__RECORDS__:
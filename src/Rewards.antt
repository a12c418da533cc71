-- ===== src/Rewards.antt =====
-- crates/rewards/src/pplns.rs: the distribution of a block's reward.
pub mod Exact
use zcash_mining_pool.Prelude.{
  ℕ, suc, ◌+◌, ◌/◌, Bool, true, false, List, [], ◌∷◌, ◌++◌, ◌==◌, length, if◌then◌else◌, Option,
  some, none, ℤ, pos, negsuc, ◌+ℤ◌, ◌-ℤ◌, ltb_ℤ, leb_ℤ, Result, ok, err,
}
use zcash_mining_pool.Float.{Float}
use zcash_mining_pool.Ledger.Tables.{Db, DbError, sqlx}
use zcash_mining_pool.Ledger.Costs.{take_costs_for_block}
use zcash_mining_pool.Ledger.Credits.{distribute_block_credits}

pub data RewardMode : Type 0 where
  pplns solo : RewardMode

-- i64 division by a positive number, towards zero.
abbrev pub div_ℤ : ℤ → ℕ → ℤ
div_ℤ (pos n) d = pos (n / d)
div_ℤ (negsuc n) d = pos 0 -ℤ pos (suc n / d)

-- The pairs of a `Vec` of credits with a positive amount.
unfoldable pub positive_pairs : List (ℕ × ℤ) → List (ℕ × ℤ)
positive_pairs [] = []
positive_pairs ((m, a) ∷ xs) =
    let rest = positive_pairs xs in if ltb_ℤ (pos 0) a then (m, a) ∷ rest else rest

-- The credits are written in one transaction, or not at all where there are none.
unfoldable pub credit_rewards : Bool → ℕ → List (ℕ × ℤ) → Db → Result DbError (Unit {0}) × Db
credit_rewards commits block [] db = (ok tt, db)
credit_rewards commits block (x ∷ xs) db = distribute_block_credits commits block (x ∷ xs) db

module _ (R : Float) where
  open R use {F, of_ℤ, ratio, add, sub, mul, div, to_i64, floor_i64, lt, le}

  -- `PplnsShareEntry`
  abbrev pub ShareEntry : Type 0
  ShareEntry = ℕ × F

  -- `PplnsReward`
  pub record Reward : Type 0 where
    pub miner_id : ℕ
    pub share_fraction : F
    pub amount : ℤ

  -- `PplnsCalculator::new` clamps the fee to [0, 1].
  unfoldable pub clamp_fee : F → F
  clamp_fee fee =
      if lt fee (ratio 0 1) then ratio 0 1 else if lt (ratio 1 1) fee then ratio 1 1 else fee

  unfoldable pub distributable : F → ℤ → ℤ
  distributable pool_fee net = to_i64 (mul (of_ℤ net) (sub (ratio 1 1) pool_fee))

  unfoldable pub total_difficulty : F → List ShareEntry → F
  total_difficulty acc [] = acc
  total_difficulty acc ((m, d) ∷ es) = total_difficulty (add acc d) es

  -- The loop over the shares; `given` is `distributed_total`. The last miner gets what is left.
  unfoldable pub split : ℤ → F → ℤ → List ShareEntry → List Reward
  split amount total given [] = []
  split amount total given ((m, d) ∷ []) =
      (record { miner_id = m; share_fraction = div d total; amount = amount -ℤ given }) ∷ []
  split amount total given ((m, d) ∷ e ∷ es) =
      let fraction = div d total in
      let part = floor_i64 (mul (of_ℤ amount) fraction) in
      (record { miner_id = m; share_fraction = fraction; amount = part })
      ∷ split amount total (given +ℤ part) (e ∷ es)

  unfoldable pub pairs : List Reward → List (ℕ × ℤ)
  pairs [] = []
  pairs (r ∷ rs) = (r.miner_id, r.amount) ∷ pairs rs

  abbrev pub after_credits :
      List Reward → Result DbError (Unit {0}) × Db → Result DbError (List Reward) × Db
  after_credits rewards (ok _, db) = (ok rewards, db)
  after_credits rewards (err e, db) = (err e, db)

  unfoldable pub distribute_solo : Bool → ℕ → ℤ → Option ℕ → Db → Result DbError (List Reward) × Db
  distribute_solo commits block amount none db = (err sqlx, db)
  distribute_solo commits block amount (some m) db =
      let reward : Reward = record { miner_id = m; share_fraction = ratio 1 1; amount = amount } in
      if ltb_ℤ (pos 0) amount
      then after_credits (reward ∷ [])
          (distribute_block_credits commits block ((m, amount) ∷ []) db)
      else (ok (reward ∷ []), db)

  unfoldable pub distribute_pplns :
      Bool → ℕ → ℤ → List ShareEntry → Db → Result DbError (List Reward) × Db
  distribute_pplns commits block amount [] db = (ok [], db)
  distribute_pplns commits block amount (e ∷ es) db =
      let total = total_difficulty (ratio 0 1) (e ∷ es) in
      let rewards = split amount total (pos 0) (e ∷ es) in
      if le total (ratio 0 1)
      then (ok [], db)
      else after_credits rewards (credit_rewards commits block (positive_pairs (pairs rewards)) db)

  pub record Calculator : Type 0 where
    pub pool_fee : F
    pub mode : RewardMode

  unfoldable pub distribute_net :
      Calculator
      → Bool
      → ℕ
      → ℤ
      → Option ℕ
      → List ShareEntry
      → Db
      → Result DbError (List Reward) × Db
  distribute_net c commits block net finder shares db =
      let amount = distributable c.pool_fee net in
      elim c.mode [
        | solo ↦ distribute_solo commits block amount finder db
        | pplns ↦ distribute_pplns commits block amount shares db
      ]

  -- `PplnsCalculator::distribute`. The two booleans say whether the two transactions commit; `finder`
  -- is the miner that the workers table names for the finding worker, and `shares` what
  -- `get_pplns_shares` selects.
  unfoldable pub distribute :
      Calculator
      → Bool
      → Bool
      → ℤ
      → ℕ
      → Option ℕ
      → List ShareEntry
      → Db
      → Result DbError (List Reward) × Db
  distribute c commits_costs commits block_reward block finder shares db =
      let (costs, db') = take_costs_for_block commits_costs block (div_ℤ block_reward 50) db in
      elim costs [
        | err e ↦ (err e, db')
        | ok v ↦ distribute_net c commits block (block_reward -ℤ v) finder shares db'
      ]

* * *

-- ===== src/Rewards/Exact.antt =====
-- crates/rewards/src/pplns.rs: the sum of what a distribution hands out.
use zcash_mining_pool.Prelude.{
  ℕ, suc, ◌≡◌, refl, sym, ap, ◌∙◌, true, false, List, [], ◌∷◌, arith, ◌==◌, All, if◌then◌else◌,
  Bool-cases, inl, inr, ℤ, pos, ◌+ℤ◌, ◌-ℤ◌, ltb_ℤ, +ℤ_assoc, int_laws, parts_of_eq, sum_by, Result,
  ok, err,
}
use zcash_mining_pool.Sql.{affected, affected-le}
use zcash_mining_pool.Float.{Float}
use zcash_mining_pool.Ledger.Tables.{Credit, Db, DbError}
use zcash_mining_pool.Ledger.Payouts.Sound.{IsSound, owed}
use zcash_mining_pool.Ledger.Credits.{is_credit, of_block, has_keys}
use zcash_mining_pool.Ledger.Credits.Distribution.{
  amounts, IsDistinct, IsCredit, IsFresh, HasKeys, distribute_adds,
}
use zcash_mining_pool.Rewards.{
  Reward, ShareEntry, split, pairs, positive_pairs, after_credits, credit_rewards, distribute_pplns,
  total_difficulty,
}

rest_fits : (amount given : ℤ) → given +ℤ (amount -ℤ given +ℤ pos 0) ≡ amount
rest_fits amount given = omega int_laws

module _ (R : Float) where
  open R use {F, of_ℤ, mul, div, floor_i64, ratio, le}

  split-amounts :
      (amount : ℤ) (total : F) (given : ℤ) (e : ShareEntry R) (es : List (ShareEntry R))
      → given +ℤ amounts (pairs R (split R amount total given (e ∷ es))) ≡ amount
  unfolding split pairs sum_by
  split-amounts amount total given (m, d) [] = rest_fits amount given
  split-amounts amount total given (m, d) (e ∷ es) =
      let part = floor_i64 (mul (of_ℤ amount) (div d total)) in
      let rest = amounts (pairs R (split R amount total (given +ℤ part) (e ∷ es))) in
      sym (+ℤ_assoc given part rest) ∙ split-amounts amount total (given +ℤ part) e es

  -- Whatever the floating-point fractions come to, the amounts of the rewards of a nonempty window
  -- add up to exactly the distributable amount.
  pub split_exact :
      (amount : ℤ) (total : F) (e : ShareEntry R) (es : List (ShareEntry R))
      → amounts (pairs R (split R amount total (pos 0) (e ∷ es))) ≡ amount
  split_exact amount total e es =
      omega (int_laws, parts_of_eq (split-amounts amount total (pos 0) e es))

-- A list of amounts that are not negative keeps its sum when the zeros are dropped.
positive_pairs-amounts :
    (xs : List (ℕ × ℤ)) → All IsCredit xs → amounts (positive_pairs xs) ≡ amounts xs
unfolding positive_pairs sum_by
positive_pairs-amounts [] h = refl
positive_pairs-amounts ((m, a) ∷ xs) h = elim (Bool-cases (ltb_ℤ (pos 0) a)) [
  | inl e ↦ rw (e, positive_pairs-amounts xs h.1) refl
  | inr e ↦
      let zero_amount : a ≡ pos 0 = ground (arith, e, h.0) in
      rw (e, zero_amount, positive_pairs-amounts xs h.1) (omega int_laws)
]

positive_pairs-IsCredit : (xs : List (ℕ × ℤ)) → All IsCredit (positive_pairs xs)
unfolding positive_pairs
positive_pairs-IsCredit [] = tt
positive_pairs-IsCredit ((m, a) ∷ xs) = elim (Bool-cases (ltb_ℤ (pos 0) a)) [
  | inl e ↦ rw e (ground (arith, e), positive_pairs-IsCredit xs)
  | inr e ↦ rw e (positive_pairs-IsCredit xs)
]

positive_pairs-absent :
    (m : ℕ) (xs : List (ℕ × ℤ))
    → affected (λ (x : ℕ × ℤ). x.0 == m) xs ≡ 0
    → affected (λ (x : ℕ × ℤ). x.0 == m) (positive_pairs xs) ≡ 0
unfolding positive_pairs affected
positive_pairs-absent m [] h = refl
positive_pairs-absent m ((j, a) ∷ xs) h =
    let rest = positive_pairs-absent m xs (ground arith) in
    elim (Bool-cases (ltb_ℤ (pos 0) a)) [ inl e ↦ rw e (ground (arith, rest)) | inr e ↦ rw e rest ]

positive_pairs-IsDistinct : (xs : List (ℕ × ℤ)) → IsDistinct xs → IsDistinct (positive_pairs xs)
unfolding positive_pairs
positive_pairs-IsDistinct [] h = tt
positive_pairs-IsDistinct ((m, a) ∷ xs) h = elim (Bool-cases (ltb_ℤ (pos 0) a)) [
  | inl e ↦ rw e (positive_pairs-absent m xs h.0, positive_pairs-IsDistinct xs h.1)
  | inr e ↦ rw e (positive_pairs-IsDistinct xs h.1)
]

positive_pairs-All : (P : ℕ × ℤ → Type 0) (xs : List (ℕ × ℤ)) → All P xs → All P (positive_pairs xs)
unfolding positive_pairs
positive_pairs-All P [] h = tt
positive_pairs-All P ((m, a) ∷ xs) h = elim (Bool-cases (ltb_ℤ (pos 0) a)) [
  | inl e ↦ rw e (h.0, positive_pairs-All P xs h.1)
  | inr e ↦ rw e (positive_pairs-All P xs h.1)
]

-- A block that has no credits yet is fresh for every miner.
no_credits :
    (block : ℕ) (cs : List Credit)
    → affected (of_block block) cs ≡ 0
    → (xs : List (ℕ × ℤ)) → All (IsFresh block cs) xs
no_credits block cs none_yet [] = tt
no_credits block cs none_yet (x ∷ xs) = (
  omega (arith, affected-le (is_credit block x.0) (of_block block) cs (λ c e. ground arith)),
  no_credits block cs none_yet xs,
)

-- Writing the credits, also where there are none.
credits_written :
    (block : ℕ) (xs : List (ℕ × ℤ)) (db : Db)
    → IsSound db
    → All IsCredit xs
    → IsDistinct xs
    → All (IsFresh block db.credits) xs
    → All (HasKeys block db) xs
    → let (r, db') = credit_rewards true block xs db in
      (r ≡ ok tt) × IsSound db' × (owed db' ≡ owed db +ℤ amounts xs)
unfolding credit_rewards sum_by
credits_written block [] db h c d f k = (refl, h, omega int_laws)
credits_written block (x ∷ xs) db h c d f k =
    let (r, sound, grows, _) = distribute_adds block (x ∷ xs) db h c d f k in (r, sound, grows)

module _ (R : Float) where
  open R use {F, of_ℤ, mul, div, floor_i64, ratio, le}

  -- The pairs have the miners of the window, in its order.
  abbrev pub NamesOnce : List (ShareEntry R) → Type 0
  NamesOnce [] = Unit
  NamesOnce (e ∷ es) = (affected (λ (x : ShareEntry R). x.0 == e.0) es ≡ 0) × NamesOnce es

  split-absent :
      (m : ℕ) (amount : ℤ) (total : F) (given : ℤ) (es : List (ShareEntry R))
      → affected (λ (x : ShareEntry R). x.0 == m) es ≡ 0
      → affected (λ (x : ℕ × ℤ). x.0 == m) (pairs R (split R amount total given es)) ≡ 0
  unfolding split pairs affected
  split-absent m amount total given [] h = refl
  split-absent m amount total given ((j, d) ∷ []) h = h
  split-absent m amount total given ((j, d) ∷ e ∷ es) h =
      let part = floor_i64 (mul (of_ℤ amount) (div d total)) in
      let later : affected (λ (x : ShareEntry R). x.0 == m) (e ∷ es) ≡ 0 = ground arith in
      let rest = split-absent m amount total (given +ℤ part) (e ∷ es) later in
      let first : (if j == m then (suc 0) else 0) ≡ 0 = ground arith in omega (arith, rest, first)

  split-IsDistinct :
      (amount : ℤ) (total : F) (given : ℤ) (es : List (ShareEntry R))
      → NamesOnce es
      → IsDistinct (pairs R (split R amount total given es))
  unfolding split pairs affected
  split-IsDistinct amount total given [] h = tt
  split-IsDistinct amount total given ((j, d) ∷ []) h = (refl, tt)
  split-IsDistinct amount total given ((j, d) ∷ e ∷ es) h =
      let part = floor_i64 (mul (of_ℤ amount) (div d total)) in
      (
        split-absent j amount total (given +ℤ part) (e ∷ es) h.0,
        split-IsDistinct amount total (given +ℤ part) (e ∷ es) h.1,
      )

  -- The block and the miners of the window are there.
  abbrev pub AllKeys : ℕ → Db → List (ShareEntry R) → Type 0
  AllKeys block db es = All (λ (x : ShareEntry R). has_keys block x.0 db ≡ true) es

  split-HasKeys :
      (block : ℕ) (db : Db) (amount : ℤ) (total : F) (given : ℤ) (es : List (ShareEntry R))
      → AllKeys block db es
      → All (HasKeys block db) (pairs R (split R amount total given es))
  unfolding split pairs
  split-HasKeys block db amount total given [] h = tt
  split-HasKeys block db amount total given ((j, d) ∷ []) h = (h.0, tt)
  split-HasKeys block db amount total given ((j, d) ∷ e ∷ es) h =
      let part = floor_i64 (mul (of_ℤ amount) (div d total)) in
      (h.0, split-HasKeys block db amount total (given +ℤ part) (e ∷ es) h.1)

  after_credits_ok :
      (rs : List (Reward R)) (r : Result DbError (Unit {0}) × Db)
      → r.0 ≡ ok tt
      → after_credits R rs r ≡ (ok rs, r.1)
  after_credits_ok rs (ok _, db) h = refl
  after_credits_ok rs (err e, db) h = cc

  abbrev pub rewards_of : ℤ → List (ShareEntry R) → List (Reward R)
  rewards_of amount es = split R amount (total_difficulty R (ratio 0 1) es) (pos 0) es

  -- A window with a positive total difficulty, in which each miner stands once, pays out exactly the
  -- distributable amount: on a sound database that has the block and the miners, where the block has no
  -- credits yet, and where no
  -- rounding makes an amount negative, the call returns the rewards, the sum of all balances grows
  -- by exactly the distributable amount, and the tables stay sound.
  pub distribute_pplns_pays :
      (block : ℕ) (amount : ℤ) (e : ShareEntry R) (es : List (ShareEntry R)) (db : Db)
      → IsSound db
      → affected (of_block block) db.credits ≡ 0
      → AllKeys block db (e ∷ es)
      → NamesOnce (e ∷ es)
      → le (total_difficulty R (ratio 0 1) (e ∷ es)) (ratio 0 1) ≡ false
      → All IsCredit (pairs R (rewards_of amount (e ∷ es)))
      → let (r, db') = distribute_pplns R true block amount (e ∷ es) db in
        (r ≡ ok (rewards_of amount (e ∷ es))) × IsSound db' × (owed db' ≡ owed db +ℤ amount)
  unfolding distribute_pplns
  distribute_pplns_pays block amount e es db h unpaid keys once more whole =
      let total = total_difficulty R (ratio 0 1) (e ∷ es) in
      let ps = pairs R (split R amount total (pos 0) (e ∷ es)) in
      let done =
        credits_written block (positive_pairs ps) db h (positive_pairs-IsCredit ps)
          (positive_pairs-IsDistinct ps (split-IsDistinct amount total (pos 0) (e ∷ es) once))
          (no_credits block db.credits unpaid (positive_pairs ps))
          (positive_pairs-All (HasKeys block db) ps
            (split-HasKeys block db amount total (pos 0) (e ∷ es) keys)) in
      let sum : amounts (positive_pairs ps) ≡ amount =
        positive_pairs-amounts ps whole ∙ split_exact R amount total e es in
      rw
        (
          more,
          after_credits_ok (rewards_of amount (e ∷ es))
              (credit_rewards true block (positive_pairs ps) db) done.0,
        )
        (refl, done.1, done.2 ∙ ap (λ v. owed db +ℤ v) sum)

__WORK TO COMPLETE__: From the listing above, output exactly the run of lines that starts with the line containing "filename src/Rewards.antt" and ends with the line containing "credit_rewards commits block []".

__RESULT OF THIS EXERCISE__:
filename src/Rewards.antt
repository a12c418da533cc71
-- ===== src/Rewards.antt =====
-- crates/rewards/src/pplns.rs: the distribution of a block's reward.
pub mod Exact
use zcash_mining_pool.Prelude.{
  ℕ, suc, ◌+◌, ◌/◌, Bool, true, false, List, [], ◌∷◌, ◌++◌, ◌==◌, length, if◌then◌else◌, Option,
  some, none, ℤ, pos, negsuc, ◌+ℤ◌, ◌-ℤ◌, ltb_ℤ, leb_ℤ, Result, ok, err,
}
use zcash_mining_pool.Float.{Float}
use zcash_mining_pool.Ledger.Tables.{Db, DbError, sqlx}
use zcash_mining_pool.Ledger.Costs.{take_costs_for_block}
use zcash_mining_pool.Ledger.Credits.{distribute_block_credits}

pub data RewardMode : Type 0 where
  pplns solo : RewardMode

-- i64 division by a positive number, towards zero.
abbrev pub div_ℤ : ℤ → ℕ → ℤ
div_ℤ (pos n) d = pos (n / d)
div_ℤ (negsuc n) d = pos 0 -ℤ pos (suc n / d)

-- The pairs of a `Vec` of credits with a positive amount.
unfoldable pub positive_pairs : List (ℕ × ℤ) → List (ℕ × ℤ)
positive_pairs [] = []
positive_pairs ((m, a) ∷ xs) =
    let rest = positive_pairs xs in if ltb_ℤ (pos 0) a then (m, a) ∷ rest else rest

-- The credits are written in one transaction, or not at all where there are none.
unfoldable pub credit_rewards : Bool → ℕ → List (ℕ × ℤ) → Db → Result DbError (Unit {0}) × Db
credit_rewards commits block [] db = (ok tt, db)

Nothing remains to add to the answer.